What I Learned From David Tepper
"In the outside world, I’m that easygoing person. But if I’m on the field, I wanna win. And we win a lot.”
This the addendum to my first piece on David Tepper.
Hi everyone.
I hope you enjoyed my write-up of David Tepper’s story. This is a follow-up, a paywalled addendum containing more quotes, my takeaways, and a list of sources if you want to read more about him.
I’ve been thinking a lot about how to best structure this substack. I love following my curiosity about people and ideas and I want to share the stories and insights with as many people as possible. Which is why the “story” of David Tepper is available to everyone. Putting it behind the paywall felt out of alignment with my mission.
For those of you who want to dive deeper, there will be paywalled content such as this addendum. It’s not a perfect solution - I wish I had the scale to share it all for free. But it seems like the best compromise at this point.
What can we really learn from great investors?
This question is always on my mind because a lesson’s relevance depends on the reader. Knowing who you are, and what works for you, might be one of the most important questions to figure out in investing (and life). As John Goodman (‘Adam Smith’) wrote in The Money Game: “if you don't know who you are, this is an expensive place to find out.”
And yet, you have to keep learning and experimenting. If I had a to pick a motto for the substack, it would be Bruce Lee’s: “absorb what is useful, discard what is useless and add what is specifically your own.” Integrate whatever you find useful and make it your own.
And keep in mind that the more you learn about these outliers, the more you will see their humanity, their mistakes and flaws. Strive to take a nuanced view and be selective about what to learn from them.

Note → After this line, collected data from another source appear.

-- ===== src/Patch.antt =====
-- lib/pc_patch_uncompressed.c: patches whose points stand one after the other.
pub mod Grow
pub mod Wkb
pub mod Listed
use pointcloud.Common.{
  ℕ, zero, suc, ◌+◌, ◌*◌, ◌-◌, ◌%◌, ◌^◌, Bool, true, false, not, ◌==◌, if◌then◌else◌, List, [], ◌∷◌,
  ◌++◌, take, drop, length, replicate, get_elem?, Option, none, some,
}
use pointcloud.Common.Result.{Result, ok, fail, access, pcerror, ◌>>=◌}
use pointcloud.Bytes.{slice, u32}
use pointcloud.Bytes.Words.{bytes_of}
use pointcloud.Memory.{put_bytes}
use pointcloud.Value.{Doubles}
use pointcloud.Wkb.{machine_endian, wkb_get_compression, wkb_get_npoints}
use pointcloud.Schema.{Schema}
use pointcloud.Schema.Compare.{followed}
use pointcloud.Schema.Xml.{pc_none}
use pointcloud.Point.{Point, point_from_data, point_get_x, point_get_y}
use pointcloud.Point.Flip.{uncompressed_bytes_flip_endian}
use pointcloud.Pointlist.{Pointlist, pointlist_make, pointlist_add_point, pointlist_get_point}
use pointcloud.Bounds.{Bounds, bounds_init, bounds_add}
use pointcloud.Stats.{Stats, compute_stats}

pub record PatchUncompressed {ℓ} (D T : Type ℓ) : Type ℓ where
  pub type : ℕ
  pub readonly : Bool
  pub schema : Schema D T
  pub npoints : ℕ
  pub bounds : Bounds D
  pub stats : Option (Stats D T)
  pub maxpoints : ℕ
  pub datasize : ℕ
  pub data_bytes : List ℕ

-- Arithmetic in `size_t`.
abbrev pub u64 : ℕ → ℕ
u64 n = n % 2 ^ 64

module _ {ℓ} {D T : Type ℓ} where
  -- The data buffer, doubled; the bytes that are added are not initialized.
  unfoldable pub enlarged : PatchUncompressed D T → PatchUncompressed D T
  enlarged c =
      let maxpoints = u32 (c.maxpoints * 2) in
      let datasize = u64 (maxpoints * c.schema.size) in
      record c {
        maxpoints = maxpoints;
        datasize = datasize;
        data_bytes = take datasize c.data_bytes ++ replicate (datasize - length c.data_bytes) 0;
      }

  unfoldable pub room_for_point : PatchUncompressed D T → PatchUncompressed D T
  unfolding enlarged
  room_for_point c = if c.npoints == c.maxpoints then enlarged c else c

module _ {ℓ} {D T : Type ℓ} (doubles : Doubles D) where
  unfoldable pub patch_uncompressed_make : Option (Schema D T) → ℕ → Result (PatchUncompressed D T)
  unfolding bounds_init
  patch_uncompressed_make none maxpoints = fail pcerror
  patch_uncompressed_make (some s) maxpoints =
      if s.size == 0
      then fail pcerror
      else ok (record {
        type = pc_none;
        readonly = false;
        schema = s;
        npoints = 0;
        bounds = bounds_init doubles;
        stats = none;
        maxpoints = maxpoints;
        datasize = u64 (s.size * maxpoints);
        data_bytes = replicate (u64 (s.size * maxpoints)) 0;
      })

  -- The bounds with a point in them. A coordinate that is not there is a variable that is not
  -- initialized.
  unfoldable pub add_to_bounds : Bounds D → Point D T → Result (Bounds D)
  add_to_bounds b pt = do
    gx ← point_get_x doubles pt
    gy ← point_get_y doubles pt
    x ← followed gx
    y ← followed gy
    ok (bounds_add doubles b x y)

  -- The loop over the points that are left in the data.
  unfoldable pub extent_loop : Schema D T → ℕ → List ℕ → Bounds D → Result (Bounds D)
  unfolding add_to_bounds
  extent_loop schema zero bytes b = ok b
  extent_loop schema (suc n) bytes b = do
    b' ← add_to_bounds b (record { readonly = true; schema = schema; data_bytes = bytes })
    extent_loop schema n (drop schema.size bytes) b'

  unfoldable pub patch_uncompressed_compute_extent :
      PatchUncompressed D T → Result (PatchUncompressed D T)
  unfolding extent_loop bounds_init
  patch_uncompressed_compute_extent patch = do
    b ← extent_loop patch.schema patch.npoints patch.data_bytes (bounds_init doubles)
    ok (record patch { bounds = b })

  unfoldable pub patch_uncompressed_compute_stats :
      PatchUncompressed D T → Result (PatchUncompressed D T)
  unfolding compute_stats
  patch_uncompressed_compute_stats pa = do
    stats ← compute_stats doubles pa.schema pa.npoints pa.data_bytes
    ok (record pa { stats = some stats })

  -- The point is copied into the room that is made for it, and the bounds are updated.
  unfoldable pub put_point :
      PatchUncompressed D T → PatchUncompressed D T → Point D T → Result (PatchUncompressed D T)
  unfolding add_to_bounds
  put_point c room p = do
    point ← slice p.data_bytes 0 c.schema.size
    bytes ← put_bytes room.data_bytes (c.schema.size * room.npoints) point
    b ← add_to_bounds room.bounds p
    ok (record room { data_bytes = bytes; npoints = u32 (room.npoints + 1); bounds = b })

  -- `PC_FAILURE` does not come back, since `pcerror` does not return.
  unfoldable pub patch_uncompressed_add_point :
      PatchUncompressed D T → Point D T → Result (PatchUncompressed D T)
  unfolding room_for_point put_point
  patch_uncompressed_add_point c p =
      if not (c.schema.pcid == p.schema.pcid)
      then fail pcerror
      else if c.readonly
      then fail pcerror
      else if not (c.type == pc_none)
      then fail pcerror
      else put_point c (room_for_point c) p

module _ {ℓ} {D T : Type ℓ} where
  -- The memory from point `n` on, which is not copied.
  unfoldable pub patch_uncompressed_pointn : PatchUncompressed D T → ℕ → Result (Point D T)
  unfolding point_from_data
  patch_uncompressed_pointn patch n =
      point_from_data (some patch.schema) (drop (n * patch.schema.size) patch.data_bytes)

As my friend Tom Morgan said: “Relatively new investors typically uncritically adopt heroes and gurus … As they gain more experience, their list of idols grows ever-shorter as imperfections appear. They have increasingly long lists of who they dislike. But pointing out faults is trivially easy. … Instead, the most impressive people I’ve asked usually have very long lists of influences. But they can usually precisely articulate what they have integrated and discarded from that person.”
Contradictions
In The Reading Obsession I pointed out that our tendency to look for easy answers, “x is successful because of y,” can lead us to deceptive narratives - Buffett as the bookworm. Not only is reality more complex it often seems paradoxical. For example, Tepper is a hybrid of a trader and investor and seems to embody contradictions.
He balances stubbornness with nimbleness. He can simultaneously make a thematic bet on a sector or the overall market while also being involved in a complex and lengthy restructuring based on the detailed work of his analysts.
His jokes and bold bets could lead us to believe that he owes his success to a few lucky gambles. Yet he is highly risk aware and recognizes that survival is more important than homerun returns. His massive bets occurred when markets were washed out and inflecting, not simply because an asset had traded down.
These headline bets also obscure that much of his success is owed to the “grind” of finding value in event-driven situations and exposure to other macro themes and equities. He has a team of analysts that support him and are particularly important in complex situations such as restructurings.
His portfolio is a mix of assets across markets, much of which is invisible to the outsider observer. Therefore, any lessons we find in his story are necessarily severely limited (until I get to interview him😌).
For an illustration of how he rotates through sectors, check out his US equities portfolio through a site like whalewisdom.
Big bet on financials in 2009:
Bets on energy when there was distress:
Big bets on technology and communications - in the dotcom distress cycle but also recently as a thematic bet:
Michael Fritzell reminded me of Tepper on CNBC in March 2020, close to the market bottom, talking about buying tech stocks. He was “nibbling” but cautioned against being overlevered.
Tepper is neither clairvoyant nor, as I think will come across in the addendum, recklessly shooting from the hip.
“Does being a risk-taker mean not being afraid of losing money sometimes? Then I’m a big risk-taker. Does it mean putting the firm in jeopardy? Then in that case I am not a big risk-taker.”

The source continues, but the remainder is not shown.